··· RECORDS

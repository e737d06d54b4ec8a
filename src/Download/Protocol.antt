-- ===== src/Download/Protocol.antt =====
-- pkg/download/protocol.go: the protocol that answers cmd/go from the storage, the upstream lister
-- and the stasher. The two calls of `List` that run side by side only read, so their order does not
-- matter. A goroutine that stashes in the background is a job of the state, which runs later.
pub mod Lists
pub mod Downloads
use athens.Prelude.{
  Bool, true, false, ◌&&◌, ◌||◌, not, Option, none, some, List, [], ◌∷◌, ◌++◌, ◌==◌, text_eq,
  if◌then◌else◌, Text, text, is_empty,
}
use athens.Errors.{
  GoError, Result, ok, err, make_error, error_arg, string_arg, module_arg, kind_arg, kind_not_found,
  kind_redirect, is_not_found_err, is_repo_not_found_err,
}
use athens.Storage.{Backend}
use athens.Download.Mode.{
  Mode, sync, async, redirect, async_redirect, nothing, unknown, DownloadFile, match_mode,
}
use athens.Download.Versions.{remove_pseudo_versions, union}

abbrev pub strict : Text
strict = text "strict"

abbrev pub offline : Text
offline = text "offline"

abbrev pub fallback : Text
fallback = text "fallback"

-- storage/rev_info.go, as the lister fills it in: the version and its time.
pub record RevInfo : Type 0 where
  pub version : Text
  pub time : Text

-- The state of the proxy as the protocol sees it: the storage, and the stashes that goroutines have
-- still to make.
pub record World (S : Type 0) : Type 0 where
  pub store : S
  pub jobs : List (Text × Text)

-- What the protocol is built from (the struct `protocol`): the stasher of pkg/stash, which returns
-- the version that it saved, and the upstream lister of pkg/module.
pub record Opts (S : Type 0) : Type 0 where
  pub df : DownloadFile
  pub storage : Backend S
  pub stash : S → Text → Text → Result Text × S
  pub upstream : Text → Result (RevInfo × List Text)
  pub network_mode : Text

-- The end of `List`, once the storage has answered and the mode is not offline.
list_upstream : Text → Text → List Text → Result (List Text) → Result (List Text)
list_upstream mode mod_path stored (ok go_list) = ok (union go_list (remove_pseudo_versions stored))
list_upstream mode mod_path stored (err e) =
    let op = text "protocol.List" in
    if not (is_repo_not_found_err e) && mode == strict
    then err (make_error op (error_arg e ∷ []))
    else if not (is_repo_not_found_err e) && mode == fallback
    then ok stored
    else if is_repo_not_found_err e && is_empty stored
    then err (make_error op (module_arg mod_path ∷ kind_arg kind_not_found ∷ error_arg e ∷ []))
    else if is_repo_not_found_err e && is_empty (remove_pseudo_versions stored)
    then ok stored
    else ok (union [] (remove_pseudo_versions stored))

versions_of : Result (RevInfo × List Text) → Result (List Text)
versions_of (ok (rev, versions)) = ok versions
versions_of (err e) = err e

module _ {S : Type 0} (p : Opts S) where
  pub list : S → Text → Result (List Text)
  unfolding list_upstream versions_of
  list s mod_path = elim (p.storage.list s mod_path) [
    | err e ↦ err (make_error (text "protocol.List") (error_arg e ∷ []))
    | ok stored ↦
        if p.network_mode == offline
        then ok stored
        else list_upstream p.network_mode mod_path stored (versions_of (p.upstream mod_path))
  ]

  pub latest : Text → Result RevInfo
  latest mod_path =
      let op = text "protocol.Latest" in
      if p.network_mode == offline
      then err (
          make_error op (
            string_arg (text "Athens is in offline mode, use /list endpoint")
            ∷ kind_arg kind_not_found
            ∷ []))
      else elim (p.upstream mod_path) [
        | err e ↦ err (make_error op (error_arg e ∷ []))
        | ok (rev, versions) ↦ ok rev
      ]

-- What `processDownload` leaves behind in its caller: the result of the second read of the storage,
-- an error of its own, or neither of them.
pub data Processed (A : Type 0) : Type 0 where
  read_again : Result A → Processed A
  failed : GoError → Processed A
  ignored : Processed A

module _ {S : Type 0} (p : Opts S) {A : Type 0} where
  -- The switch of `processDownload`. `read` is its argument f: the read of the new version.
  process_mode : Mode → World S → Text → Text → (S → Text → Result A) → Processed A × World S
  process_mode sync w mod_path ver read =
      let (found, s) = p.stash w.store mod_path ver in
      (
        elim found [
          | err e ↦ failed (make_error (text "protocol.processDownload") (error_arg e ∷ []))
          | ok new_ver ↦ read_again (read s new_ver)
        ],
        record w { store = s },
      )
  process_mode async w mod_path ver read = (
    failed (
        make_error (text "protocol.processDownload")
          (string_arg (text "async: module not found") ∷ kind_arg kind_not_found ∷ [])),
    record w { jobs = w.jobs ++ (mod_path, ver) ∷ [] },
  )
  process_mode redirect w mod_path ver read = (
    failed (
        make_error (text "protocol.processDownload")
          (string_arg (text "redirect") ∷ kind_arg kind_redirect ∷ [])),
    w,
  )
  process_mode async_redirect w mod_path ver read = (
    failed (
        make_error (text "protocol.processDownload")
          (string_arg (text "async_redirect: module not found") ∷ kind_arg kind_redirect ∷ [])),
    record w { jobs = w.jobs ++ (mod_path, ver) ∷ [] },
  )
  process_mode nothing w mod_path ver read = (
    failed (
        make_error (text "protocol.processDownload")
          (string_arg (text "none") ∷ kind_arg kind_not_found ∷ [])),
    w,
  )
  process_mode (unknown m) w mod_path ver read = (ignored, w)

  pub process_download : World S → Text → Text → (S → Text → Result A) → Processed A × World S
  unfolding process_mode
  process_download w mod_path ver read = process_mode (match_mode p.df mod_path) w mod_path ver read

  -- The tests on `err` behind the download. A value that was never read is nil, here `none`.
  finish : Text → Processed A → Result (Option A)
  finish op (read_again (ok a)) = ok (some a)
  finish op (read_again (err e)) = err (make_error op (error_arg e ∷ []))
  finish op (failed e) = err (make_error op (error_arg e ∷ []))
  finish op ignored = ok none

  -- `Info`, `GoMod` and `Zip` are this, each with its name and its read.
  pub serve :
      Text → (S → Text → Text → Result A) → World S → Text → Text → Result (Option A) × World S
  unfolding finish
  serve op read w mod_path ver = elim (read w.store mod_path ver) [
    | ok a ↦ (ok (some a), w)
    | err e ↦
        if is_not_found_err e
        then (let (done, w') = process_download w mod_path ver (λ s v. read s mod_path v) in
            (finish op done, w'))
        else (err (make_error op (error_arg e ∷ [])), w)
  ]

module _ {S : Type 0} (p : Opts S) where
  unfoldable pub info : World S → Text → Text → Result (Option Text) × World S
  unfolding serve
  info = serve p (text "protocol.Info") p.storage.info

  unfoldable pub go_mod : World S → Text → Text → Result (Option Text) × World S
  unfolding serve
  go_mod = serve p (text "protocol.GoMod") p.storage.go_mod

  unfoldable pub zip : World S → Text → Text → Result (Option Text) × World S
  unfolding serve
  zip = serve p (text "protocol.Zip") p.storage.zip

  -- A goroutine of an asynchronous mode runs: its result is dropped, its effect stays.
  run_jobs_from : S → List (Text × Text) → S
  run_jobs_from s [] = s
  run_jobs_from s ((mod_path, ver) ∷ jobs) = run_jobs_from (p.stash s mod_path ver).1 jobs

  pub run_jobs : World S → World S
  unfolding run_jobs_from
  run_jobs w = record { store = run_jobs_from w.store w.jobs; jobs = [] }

······

WORK INSTRUCTION: Reproduce all of the records, keeping every character unchanged.

WRITTEN RESPONSE:
repository e737d06d54b4ec8a
filename src/Download/Protocol.antt
-- ===== src/Download/Protocol.antt =====
-- pkg/download/protocol.go: the protocol that answers cmd/go from the storage, the upstream lister
-- and the stasher. The two calls of `List` that run side by side only read, so their order does not
-- matter. A goroutine that stashes in the background is a job of the state, which runs later.
pub mod Lists
pub mod Downloads
use athens.Prelude.{
  Bool, true, false, ◌&&◌, ◌||◌, not, Option, none, some, List, [], ◌∷◌, ◌++◌, ◌==◌, text_eq,
  if◌then◌else◌, Text, text, is_empty,
}
use athens.Errors.{
  GoError, Result, ok, err, make_error, error_arg, string_arg, module_arg, kind_arg, kind_not_found,
  kind_redirect, is_not_found_err, is_repo_not_found_err,
}
use athens.Storage.{Backend}
use athens.Download.Mode.{
  Mode, sync, async, redirect, async_redirect, nothing, unknown, DownloadFile, match_mode,
}
use athens.Download.Versions.{remove_pseudo_versions, union}

abbrev pub strict : Text
strict = text "strict"

abbrev pub offline : Text
offline = text "offline"

abbrev pub fallback : Text
fallback = text "fallback"

-- storage/rev_info.go, as the lister fills it in: the version and its time.
pub record RevInfo : Type 0 where
  pub version : Text
  pub time : Text

-- The state of the proxy as the protocol sees it: the storage, and the stashes that goroutines have
-- still to make.
pub record World (S : Type 0) : Type 0 where
  pub store : S
  pub jobs : List (Text × Text)

-- What the protocol is built from (the struct `protocol`): the stasher of pkg/stash, which returns
-- the version that it saved, and the upstream lister of pkg/module.
pub record Opts (S : Type 0) : Type 0 where
  pub df : DownloadFile
  pub storage : Backend S
  pub stash : S → Text → Text → Result Text × S
  pub upstream : Text → Result (RevInfo × List Text)
  pub network_mode : Text

-- The end of `List`, once the storage has answered and the mode is not offline.
list_upstream : Text → Text → List Text → Result (List Text) → Result (List Text)
list_upstream mode mod_path stored (ok go_list) = ok (union go_list (remove_pseudo_versions stored))
list_upstream mode mod_path stored (err e) =
    let op = text "protocol.List" in
    if not (is_repo_not_found_err e) && mode == strict
    then err (make_error op (error_arg e ∷ []))
    else if not (is_repo_not_found_err e) && mode == fallback
    then ok stored
    else if is_repo_not_found_err e && is_empty stored
    then err (make_error op (module_arg mod_path ∷ kind_arg kind_not_found ∷ error_arg e ∷ []))
    else if is_repo_not_found_err e && is_empty (remove_pseudo_versions stored)
    then ok stored
    else ok (union [] (remove_pseudo_versions stored))

versions_of : Result (RevInfo × List Text) → Result (List Text)
versions_of (ok (rev, versions)) = ok versions
versions_of (err e) = err e

module _ {S : Type 0} (p : Opts S) where
  pub list : S → Text → Result (List Text)
  unfolding list_upstream versions_of
  list s mod_path = elim (p.storage.list s mod_path) [
    | err e ↦ err (make_error (text "protocol.List") (error_arg e ∷ []))
    | ok stored ↦
        if p.network_mode == offline
        then ok stored
        else list_upstream p.network_mode mod_path stored (versions_of (p.upstream mod_path))
  ]

  pub latest : Text → Result RevInfo
  latest mod_path =
      let op = text "protocol.Latest" in
      if p.network_mode == offline
      then err (
          make_error op (
            string_arg (text "Athens is in offline mode, use /list endpoint")
            ∷ kind_arg kind_not_found
            ∷ []))
      else elim (p.upstream mod_path) [
        | err e ↦ err (make_error op (error_arg e ∷ []))
        | ok (rev, versions) ↦ ok rev
      ]

-- What `processDownload` leaves behind in its caller: the result of the second read of the storage,
-- an error of its own, or neither of them.
pub data Processed (A : Type 0) : Type 0 where
  read_again : Result A → Processed A
  failed : GoError → Processed A
  ignored : Processed A

module _ {S : Type 0} (p : Opts S) {A : Type 0} where
  -- The switch of `processDownload`. `read` is its argument f: the read of the new version.
  process_mode : Mode → World S → Text → Text → (S → Text → Result A) → Processed A × World S
  process_mode sync w mod_path ver read =
      let (found, s) = p.stash w.store mod_path ver in
      (
        elim found [
          | err e ↦ failed (make_error (text "protocol.processDownload") (error_arg e ∷ []))
          | ok new_ver ↦ read_again (read s new_ver)
        ],
        record w { store = s },
      )
  process_mode async w mod_path ver read = (
    failed (
        make_error (text "protocol.processDownload")
          (string_arg (text "async: module not found") ∷ kind_arg kind_not_found ∷ [])),
    record w { jobs = w.jobs ++ (mod_path, ver) ∷ [] },
  )
  process_mode redirect w mod_path ver read = (
    failed (
        make_error (text "protocol.processDownload")
          (string_arg (text "redirect") ∷ kind_arg kind_redirect ∷ [])),
    w,
  )
  process_mode async_redirect w mod_path ver read = (
    failed (
        make_error (text "protocol.processDownload")
          (string_arg (text "async_redirect: module not found") ∷ kind_arg kind_redirect ∷ [])),
    record w { jobs = w.jobs ++ (mod_path, ver) ∷ [] },
  )
  process_mode nothing w mod_path ver read = (
    failed (
        make_error (text "protocol.processDownload")
          (string_arg (text "none") ∷ kind_arg kind_not_found ∷ [])),
    w,
  )
  process_mode (unknown m) w mod_path ver read = (ignored, w)

  pub process_download : World S → Text → Text → (S → Text → Result A) → Processed A × World S
  unfolding process_mode
  process_download w mod_path ver read = process_mode (match_mode p.df mod_path) w mod_path ver read

  -- The tests on `err` behind the download. A value that was never read is nil, here `none`.
  finish : Text → Processed A → Result (Option A)
  finish op (read_again (ok a)) = ok (some a)
  finish op (read_again (err e)) = err (make_error op (error_arg e ∷ []))
  finish op (failed e) = err (make_error op (error_arg e ∷ []))
  finish op ignored = ok none

  -- `Info`, `GoMod` and `Zip` are this, each with its name and its read.
  pub serve :
      Text → (S → Text → Text → Result A) → World S → Text → Text → Result (Option A) × World S
  unfolding finish
  serve op read w mod_path ver = elim (read w.store mod_path ver) [
    | ok a ↦ (ok (some a), w)
    | err e ↦
        if is_not_found_err e
        then (let (done, w') = process_download w mod_path ver (λ s v. read s mod_path v) in
            (finish op done, w'))
        else (err (make_error op (error_arg e ∷ [])), w)
  ]

module _ {S : Type 0} (p : Opts S) where
  unfoldable pub info : World S → Text → Text → Result (Option Text) × World S
  unfolding serve
  info = serve p (text "protocol.Info") p.storage.info

  unfoldable pub go_mod : World S → Text → Text → Result (Option Text) × World S
  unfolding serve
  go_mod = serve p (text "protocol.GoMod") p.storage.go_mod

  unfoldable pub zip : World S → Text → Text → Result (Option Text) × World S
  unfolding serve
  zip = serve p (text "protocol.Zip") p.storage.zip

  -- A goroutine of an asynchronous mode runs: its result is dropped, its effect stays.
  run_jobs_from : S → List (Text × Text) → S
  run_jobs_from s [] = s
  run_jobs_from s ((mod_path, ver) ∷ jobs) = run_jobs_from (p.stash s mod_path ver).1 jobs

  pub run_jobs : World S → World S
  unfolding run_jobs_from
  run_jobs w = record { store = run_jobs_from w.store w.jobs; jobs = [] }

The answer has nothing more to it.